It seems not every governor can produce a traffic jam
Gov. Dannel P. Malloy once called himself the “anti-Christie,” a gibe at New Jersey Gov. Chris Christie. Now, his staff has produced the anti-Bridgegate: That’s when you count on a traffic jam, and it doesn’t happen.
Malloy held a press conference Tuesday at a spot picked for its view of a single-lane on-ramp to the Charter Oak Bridge in Hartford that reliably backs up onto I-91, perfect to illustrate why he has made transportation infrastructure a priority.
The governor announced that a project in 2018 will “construct two lanes of traffic to get onto the bridge, as opposed to the one lane that is currently causing such a big problem.”
“Except today,” muttered a state employee.
The ramp was clear.
Malloy shrugged off the unusual absence of a traffic jam at Exit 29, where motorists leave I-91 north to cross the Connecticut River and connect with I-84 east.
“I have to tell you about three weeks ago I came by this section, where it was backed up — and it can go as far back as Wethersfield,” Malloy said.
On that day, Malloy said, he witnessed three accidents. Eighty-eight accidents are reported there annually.
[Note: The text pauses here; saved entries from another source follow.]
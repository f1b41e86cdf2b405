-- ===== src/Protocol/Socket/Tests.antt =====
-- Tests and applications of the theorems on sending.
use open_fusion.Common.{
  ℕ, ◌≡◌, refl, true, false, some, List, [], ◌∷◌, inr, arith, take, drop, length, replicate,
}
use open_fusion.Common.Words.{bytes_word, length-word_bytes, word_bytes}
use open_fusion.Common.Int.{pos}
use open_fusion.Protocol.Cipher.{
  decrypt_data, encrypt_data, xor_data, encrypt_byte_change_a, xor_loop, change_loop, er_size_of,
  exchange, next_num3,
}
use open_fusion.Protocol.Socket.{
  kill, after_send, Socket, socketkey_e, key_unset, sent, send_would_block, send_failed, SendReply,
  send_data, send_loop, send_packet, full_packet, key_bytes,
}
use open_fusion.Protocol.Socket.Frames.{plain_body, full_packet_lem}
use open_fusion.Protocol.Socket.Sending.{
  send_packet-SentOrKilled, SentOrKilled, Prefix, send_data-Prefix, send_data_completes,
  send_packet_silent, blocked,
}

abbrev bytes : List ℕ
bytes = 1 ∷ 2 ∷ 3 ∷ 4 ∷ 5 ∷ []

abbrev stutter : List SendReply
stutter =
    sent 2
    ∷ send_would_block
    ∷ sent 3
    ∷ sent 1
    ∷ sent 1
    ∷ sent 1
    ∷ sent 1
    ∷ sent 1
    ∷ sent 1
    ∷ sent 1
    ∷ sent 1
    ∷ sent 1
    ∷ sent 1
    ∷ sent 1
    ∷ sent 1
    ∷ []

abbrev broken : List SendReply
broken = sent 2 ∷ send_failed ∷ []

broken_test : send_data broken bytes 5 ≡ some (false, 1 ∷ 2 ∷ [])
unfolding send_data send_loop
broken_test = refl

-- Ten times EWOULDBLOCK are borne, the eleventh is not.
tired_test : send_data (replicate 11 send_would_block) bytes 5 ≡ some (false, [])
unfolding send_data send_loop
tired_test = refl

send_data-Prefix_example : Prefix bytes 5 (false, 1 ∷ 2 ∷ [])
send_data-Prefix_example =
    send_data-Prefix broken bytes 5 false (1 ∷ 2 ∷ []) (omega arith) broken_test

abbrev quick : List SendReply
quick = sent 5 ∷ []

abbrev online : Socket
online = record {
  e_key = 99;
  fe_key = 7;
  read_size = pos 0;
  read_buffer = [];
  read_buffer_index = 0;
  actively_reading = false;
  alive = true;
  active_key = socketkey_e;
}

small_frame :
    (frame : List ℕ) × (full_packet (key_bytes 99) bytes 0x31000005 5 ≡ some frame)
    × (length frame ≡ 13)
    × (bytes_word (take 4 frame) ≡ 9)
    × (decrypt_data (drop 4 frame) (key_bytes 99) (pos 9)
        ≡ some (plain_body bytes 0x31000005 5, pos 9))
unfolding key_bytes
small_frame =
    full_packet_lem (key_bytes 99) bytes 0x31000005 5 (length-word_bytes 8 99) (omega arith)
      (omega arith)

dead_socket_is_silent :
    send_packet quick (record online { active_key = key_unset }) bytes 0x31000005 5
    ≡ some (record online { active_key = key_unset }, [])
dead_socket_is_silent =
    send_packet_silent quick (record online { active_key = key_unset }) bytes 0x31000005 5
      (inr refl)

send_data_completes_example : send_data stutter bytes 5 ≡ some (true, bytes)
unfolding blocked
send_data_completes_example =
    send_data_completes stutter bytes 5 (omega arith) (omega arith) (omega arith) (omega arith)

send_packet-SentOrKilled_example :
    (frame : List ℕ) × (full_packet (key_bytes 99) bytes 0x31000005 5 ≡ some frame)
    × SentOrKilled frame online (record online { alive = false }, [])
unfolding send_packet full_packet encrypt_data xor_data encrypt_byte_change_a xor_loop change_loop
    er_size_of exchange next_num3 word_bytes key_bytes send_data send_loop after_send kill
send_packet-SentOrKilled_example =
    send_packet-SentOrKilled (send_failed ∷ []) online (key_bytes 99) bytes 0x31000005 5
      (record online { alive = false }, []) refl refl refl (omega arith) (omega arith) tt refl
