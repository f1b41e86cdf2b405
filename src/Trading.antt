-- ===== src/Trading.antt =====
-- Trading.cpp: the exchange of items and taros between two players.
pub mod Exchange
pub mod World
pub mod Handlers
pub mod Register
pub mod Dispatch
mod Safety
mod Offers
pub mod Preservation
pub mod Consent
pub mod Money
mod Tests
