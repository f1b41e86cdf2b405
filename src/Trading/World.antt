-- ===== src/Trading/World.antt =====
-- The players on the shard, as the trade handlers of Trading.cpp see them, and the packets that the
-- handlers read and send. A socket is the place of its player in the list; the map `players` of
-- PlayerManager.cpp is that list, in its order.
use open_fusion.Common.{if◌then◌else◌, ℕ, zero, suc, ◌+◌, Option, none, some, List, [], ◌∷◌}
use open_fusion.Common.Int.{ℤ, eqb_ℤ}
use open_fusion.Player.{Player, TradeItem}

-- iID_Request, iID_From and iID_To, which every trade packet has.
pub record Ids : Type 0 where
  pub request : ℤ
  pub from : ℤ
  pub to : ℤ

-- The packets to the client, named after their types without P_FE2CL_REP_PC_TRADE_.
pub data Message : Type 0 where
  offer offer_refusal offer_succ offer_cancel offer_abort : Ids → Message
  confirm confirm_abort confirm_cancel : Ids → Message
  confirm_succ : Ids → ℤ → List TradeItem → List TradeItem → Message
  item_register_succ item_unregister_succ : Ids → TradeItem → TradeItem → Message
  cash_register_succ : Ids → ℤ → Message
  announce : Message

-- What a handler does besides changing players: sendPacket on a socket, Database::commitTrade.
pub data Effect : Type 0 where
  send : ℕ → Message → Effect
  commit_trade : Player → Player → Effect

abbrev pub World : Type 0
World = List Player

unfoldable pub find_from : List Player → ℕ → ℤ → Option ℕ
find_from [] s id = none
find_from (p ∷ ps) s id = if eqb_ℤ p.id id then some s else find_from ps (s + 1) id

-- PlayerManager::getSockFromID
unfoldable pub get_sock_from_id : World → ℤ → Option ℕ
unfolding find_from
get_sock_from_id w id = find_from w 0 id

-- A change of the player of a socket.
abbrev pub modify : World → ℕ → (Player → Player) → World
modify [] s f = []
modify (p ∷ w) zero f = f p ∷ w
modify (p ∷ w) (suc s) f = p ∷ modify w s f

-- "weird flip flop because we need to know who the other player is"
abbrev pub other_of : World → Ids → Option ℕ
other_of w ids = get_sock_from_id w (if eqb_ℤ ids.request ids.from then ids.to else ids.from)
On some days, the traffic backs up 1.4 miles to the Wethersfield Cove.
Malloy, who was on the second day of a road show promoting last week’s passage of a budget that sets aside a half-point of the sales tax for transportation, said he favors protecting the new revenue in a “lockbox.”
Statutory limits on how funds can be spent can be overridden by subsequent legislatures, but the governor said a state law would be helpful until a constitutional amendment can be passed.
The General Assembly is returning in special session later this month, but the call of the session does not include consideration of a lockbox.
Malloy said he intends to ask legislative leaders to broaden the call of the special session.